Mrs. Cosby went on, in part: “I am grateful to any of the jurors who tenaciously fought to review the evidence; which is the rightful way to make a sound decision….ultimately, that is a manifestation of justice, based on facts, not lies. As a very special friend once stated, “truth can be subdued, but not destroyed.”
Speaking to the media following the mistrial, DA Steele called Cosby accuser Andrea Constand “courageous, positive and prepared to continue with a retrial,” which he said could happen soon.
“The judge has made some indications in court that he is looking to put this on track within 120 days,” Steele said. “Legally we have 365 days to try the case.”
Concerning Cosby, Steele said, “Nobody is above the law.”
Cosby was accused of drugging and sexually violating Andrea Constand at his suburban Philadelphia home in 2004. Constand, who was then an employee of Temple University, Cosby’s alma mater, claims the comic gave her drugs that incapacitated her to the degree that she could not stop him from assaulting her.
After a brief criminal investigation that was ended due to lack of evidence, Constand sued Cosby in 2005; the case was settled the following year for an undisclosed sum.
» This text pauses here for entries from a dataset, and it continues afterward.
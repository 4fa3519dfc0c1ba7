-- ===== src/Dispatch/Shard/Chunks.antt =====
-- What the slices of a grid search and of a list of symbols cover
-- (packages/dispatcher/stockstat_dispatcher/shard.py).
use stock_statistic.Common.{
  ℕ, zero, suc, ◌+◌, ◌≤◌, ◌<◌, ◌≡◌, refl, sym, ap, ◌∙◌, Option, some, List, [], ◌∷◌, ◌++◌, arith,
  map, leb, leb→le, Bool-cases, inl, inr,
}
use stock_statistic.Common.Lists.{length, take, drop, concat, take-append-drop, length-drop}
use mathlib.Core.Path.{ap₂}
use stock_statistic.Common.Text.{Text}
use stock_statistic.Common.Dict.{Dict, keys, values}
use stock_statistic.Protocol.Value.{Value, null}
use stock_statistic.Protocol.Task.{TaskSpec}
use stock_statistic.Dispatch.Shard.{
  chunks, chunk_size, workers_or_one, product, item, sub_grid, grid_slices, shard_grid, clone_slice,
  symbol_slices, shard_symbol_wise,
}

-- The chunks are consecutive parts of the list: together they are the list.
concat-chunks {ℓ} :
    {A : Type ℓ} (fuel size : ℕ) (xs : List A)
    → 0 < size
    → length xs ≤ fuel
    → concat (chunks fuel size xs) ≡ xs
unfolding chunks
concat-chunks zero size [] pos le = refl
concat-chunks zero size (x ∷ xs) pos le = absurd (omega arith)
concat-chunks (suc fuel) size [] pos le = refl
concat-chunks (suc fuel) size (x ∷ xs) pos le =
    ap (λ l. take size (x ∷ xs) ++ l)
      (concat-chunks fuel size (drop size (x ∷ xs)) pos (omega (arith, length-drop size (x ∷ xs))))
    ∙ take-append-drop size (x ∷ xs)

abbrev pub grid_of_slice : TaskSpec → Option (Dict (List Value))
grid_of_slice s = s.compute_spec.param_grid

grids-grid_slices :
    (spec : TaskSpec) (ks : List Text) (i : ℕ) (cs : List (List (List Value)))
    → map grid_of_slice (grid_slices spec ks i cs) ≡ map (λ c. some (sub_grid 0 ks c)) cs
unfolding grid_slices clone_slice
grids-grid_slices spec ks i [] = refl
grids-grid_slices spec ks i (c ∷ cs) =
    ap (λ l. some (sub_grid 0 ks c) ∷ l) (grids-grid_slices spec ks (i + 1) cs)

-- The first items of combinations, and what follows them.
abbrev pub first_of : List Value → Value
first_of [] = null
first_of (v ∷ vs) = v

abbrev pub after_first : List Value → List Value
after_first [] = []
after_first (v ∷ vs) = vs

-- The columns of combinations: under the first key their first items, and under the keys after it
-- the columns of what follows these.
abbrev pub columns : List Text → List (List Value) → Dict (List Value)
columns [] part = []
columns (k ∷ ks) part = (k, map first_of part) ∷ columns ks (map after_first part)

first_of-drop : (j : ℕ) (c : List Value) → item j c ≡ first_of (drop j c)
unfolding item
first_of-drop zero [] = refl
first_of-drop (suc j) [] = refl
first_of-drop zero (v ∷ vs) = refl
first_of-drop (suc j) (v ∷ vs) = first_of-drop j vs

after_first-drop : (j : ℕ) (c : List Value) → after_first (drop j c) ≡ drop (suc j) c
after_first-drop zero [] = refl
after_first-drop (suc j) [] = refl
after_first-drop zero (v ∷ vs) = refl
after_first-drop (suc j) (v ∷ vs) = after_first-drop j vs

firsts : (j : ℕ) (part : List (List Value)) → map (item j) part ≡ map first_of (map (drop j) part)
firsts j [] = refl
firsts j (c ∷ part) = ap₂ (λ v vs. v ∷ vs) (first_of-drop j c) (firsts j part)

afters :
    (j : ℕ) (part : List (List Value))
    → map after_first (map (drop j) part) ≡ map (drop (suc j)) part
afters j [] = refl
afters j (c ∷ part) = ap₂ (λ v vs. v ∷ vs) (after_first-drop j c) (afters j part)

sub_grid-columns :
    (j : ℕ) (ks : List Text) (part : List (List Value))
    → sub_grid j ks part ≡ columns ks (map (drop j) part)
unfolding sub_grid
sub_grid-columns j [] part = refl
sub_grid-columns j (k ∷ ks) part =
    ap₂ (λ column rest. (k, column) ∷ rest) (firsts j part)
      (ap (λ i. sub_grid i ks part) (omega arith)
        ∙ sub_grid-columns (suc j) ks part
        ∙ ap (columns ks) (sym (afters j part)))

all_dropped : (part : List (List Value)) → map (drop 0) part ≡ part
all_dropped [] = refl
all_dropped (c ∷ part) = ap (λ cs. c ∷ cs) (all_dropped part)

grids_columns :
    (ks : List Text) (parts : List (List (List Value)))
    → map (λ c. some (sub_grid 0 ks c)) parts ≡ map (λ c. some (columns ks c)) parts
grids_columns ks [] = refl
grids_columns ks (c ∷ parts) =
    ap₂ (λ g gs. some g ∷ gs) (sub_grid-columns 0 ks c ∙ ap (columns ks) (all_dropped c))
      (grids_columns ks parts)

chunk_size_pos : (total workers : ℕ) → 0 < chunk_size total workers
chunk_size_pos total workers = ground arith

-- The combinations of a grid, in the order of `itertools.product`.
abbrev pub combos : Dict (List Value) → List (List Value)
combos grid = product (values grid)

-- The division of the combinations of a grid among the slices.
pub record Division (spec : TaskSpec) (grid : Dict (List Value)) : Type 0 where
  pub parts : List (List (List Value))
  pub together : concat parts ≡ combos grid
  pub grids :
      map grid_of_slice (shard_grid spec grid) ≡ map (λ c. some (columns (keys grid) c)) parts

-- The slices of a grid search take consecutive parts of the combinations, which together are all
-- of them in order, and the grid of a slice has the columns of its part: under the first key the
-- first items of the combinations, under the next their second items, and so on.
pub shard_grid-Division : (spec : TaskSpec) (grid : Dict (List Value)) → Division spec grid
unfolding shard_grid
shard_grid-Division spec grid =
    let total = length (combos grid) in
    let size = chunk_size total (workers_or_one spec.dispatch_spec.max_workers) in
    record {
      parts = chunks total size (combos grid);
      together =
          concat-chunks total size (combos grid)
            (chunk_size_pos total (workers_or_one spec.dispatch_spec.max_workers)) (omega arith);
      grids =
          grids-grid_slices spec (keys grid) 0 (chunks total size (combos grid))
          ∙ grids_columns (keys grid) (chunks total size (combos grid));
    }

abbrev pub symbols_of : TaskSpec → List Text
symbols_of s = s.data_spec.symbols

symbols-symbol_slices :
    (spec : TaskSpec) (i : ℕ) (syms : List Text)
    → concat (map symbols_of (symbol_slices spec i syms)) ≡ syms
unfolding symbol_slices clone_slice
symbols-symbol_slices spec i [] = refl
symbols-symbol_slices spec i (sym ∷ syms) =
    ap (λ l. sym ∷ l) (symbols-symbol_slices spec (i + 1) syms)

length-symbol_slices :
    (spec : TaskSpec) (i : ℕ) (syms : List Text) → length (symbol_slices spec i syms) ≡ length syms
unfolding symbol_slices
length-symbol_slices spec i [] = refl
length-symbol_slices spec i (sym ∷ syms) = ap suc (length-symbol_slices spec (i + 1) syms)

-- A task of at least two symbols has a slice for each, and the slices ask together for exactly
-- the task's symbols, in order.
pub symbols-shard_symbol_wise :
    (spec : TaskSpec)
    → 2 ≤ length spec.data_spec.symbols
    → (concat (map symbols_of (shard_symbol_wise spec)) ≡ spec.data_spec.symbols)
      × (length (shard_symbol_wise spec) ≡ length spec.data_spec.symbols)
unfolding shard_symbol_wise
symbols-shard_symbol_wise spec h = elim (Bool-cases (leb (length spec.data_spec.symbols) 1)) [
  | inl few ↦ absurd (omega (arith, leb→le _ _ few))
  | inr more ↦ rw more (
    symbols-symbol_slices spec 0 spec.data_spec.symbols,
    length-symbol_slices spec 0 spec.data_spec.symbols,
  )
]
Cosby testified under oath in the suit, but that testimony was sealed as part of a mutual nondisclosure agreement until July 2015, when Constand petitioned the court to unseal the testimony. She claimed Cosby’s then-recent responses to similar drugging and/or assault allegations by other women broke the nondisclosure agreement. A federal court unsealed the testimony.
Cosby’s 2005 testimony included his admission that he had drugged and had sexual contact with Constand, but he claimed the sex was consensual and the drug he gave her was Benadryl. Cosby also admitted that in the past, he’d obtained Quaaludes, a sedative, for the purpose of giving them to women in order to have sex with them.
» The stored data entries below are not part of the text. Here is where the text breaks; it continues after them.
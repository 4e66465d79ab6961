-- ===== src/Tests/Host.antt =====
-- A concrete platform for tests: the MAC keeps its input, and the stream holds what arrives and what was
-- sent.
use hypercore_protocol_rs.Prelude.{
  ℕ, Bool, Option, some, none, length, set, get_elem?, List, [], ◌∷◌, ◌++◌, ok,
}
use hypercore_protocol_rs.Wire.{Bytes}
use hypercore_protocol_rs.Message.{Message}
use hypercore_protocol_rs.Platform.{Platform, Sent, sent, closed, Poll, ready, pending, CipherEvent}
use hypercore_protocol_rs.Tests.Codecs.{crates}

pub record TestStream : Type 0 where
  pub is_initiator : Bool
  pub local_key : Bytes
  pub remote_key : Option Bytes
  pub hash : Option Bytes
  pub incoming : List CipherEvent
  pub outgoing : List Bytes

abbrev pub next_event : TestStream → Poll (Option CipherEvent) × TestStream
next_event s = elim s.incoming [
  | [] ↦ (pending, s)
  | e ∷ es ↦ (ready (some e), record s { incoming = es })
]

abbrev pub put_in :
    ℕ
    → Message crates
    → Option (List (Message crates))
    → List (List (Message crates))
    → Sent × List (List (Message crates))
put_in tx message none queues = (closed, queues)
put_in tx message (some queue) queues = (sent, set queues tx (queue ++ (message ∷ [])))

abbrev pub take_from :
    ℕ
    → Option (List (Message crates))
    → List (List (Message crates))
    → Poll (Option (Message crates)) × List (List (Message crates))
take_from rx (some (message ∷ queue)) queues = (ready (some message), set queues rx queue)
take_from rx _ queues = (pending, queues)

abbrev pub host : Platform crates
host = record {
  blake2b_mac = λ key data'. some (data' ++ key);
  hex_encode = λ bytes. bytes;
  Queues = List (List (Message crates));
  unbounded = λ queues. (length queues, queues ++ ([] ∷ []));
  try_send = λ tx message queues. put_in tx message (get_elem? queues tx) queues;
  receive = λ rx queues. take_from rx (get_elem? queues rx) queues;
  Stream = TestStream;
  is_initiator = λ s. s.is_initiator;
  local_public_key = λ s. s.local_key;
  remote_public_key = λ s. s.remote_key;
  handshake_hash = λ s. s.hash;
  poll_ready = λ s. (ready (ok tt), s);
  start_send = λ bytes s. (ok tt, record s { outgoing = s.outgoing ++ (bytes ∷ []) });
  poll_flush = λ s. (ready (ok tt), s);
  poll_next = next_event;
}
Citing the unsealed deposition’s contents as new evidence, the Montgomery County, PA, district attorney’s office re-opened its criminal investigation into Constand’s accusations in 2015, just months before the statue of limitations for criminal charges was due to expire in January, 2016. Cosby was charged in December, 2015, with a judge deciding in May, 2016 that there was sufficient cause to proceed to trial.
Testimony began June 5, 2017 and ended June 12, the same day the jury got the case. Constand testified and was grilled by Cosby’s defense over alleged inconsistencies in her story over the years. Also testifying was Kelly Johnson, who accused Cosby of drugging and sexually assaulting her in 1996, which the prosecution hoped would show a pattern of behavior by Cosby. Cosby did not testify during the trial, though the prosecution made his 2005 deposition testimony central to their case.
Cosby was charged with three felony counts related to the Constand case, each of which carries a sentence of from five to ten years in prison. However, Pennsylvania law allows the judge to order the sentences to be served concurrently, meaning Cosby could serve from five to ten years in prison.
Sixty women, including Constand, have accused Cosby of drugging and/or sexually assaulting them, or attempting to do so. Cosby has denied all of the charges, and has only been criminally charged in the Constand case.
Regardless of the trial outcome, the accusations and trial marked a spectacular fall from grace for the 79-year-old comic, entertainer and philanthropist, who was beloved by millions for his role as the wise patriarch of the Huxtable family on the classic 1980-1990s sitcom The Cosby Show, which earned him the fond title of “TV’s Favorite Dad.”
Cosby also starred as the erudite, accomplished Alexander Scott in the 1960s action-comedy TV series I Spy, making him the first black actor to play a lead role on an American TV drama. Both roles helped dismantle stereotypes and break down barriers for African-Americans in entertainment.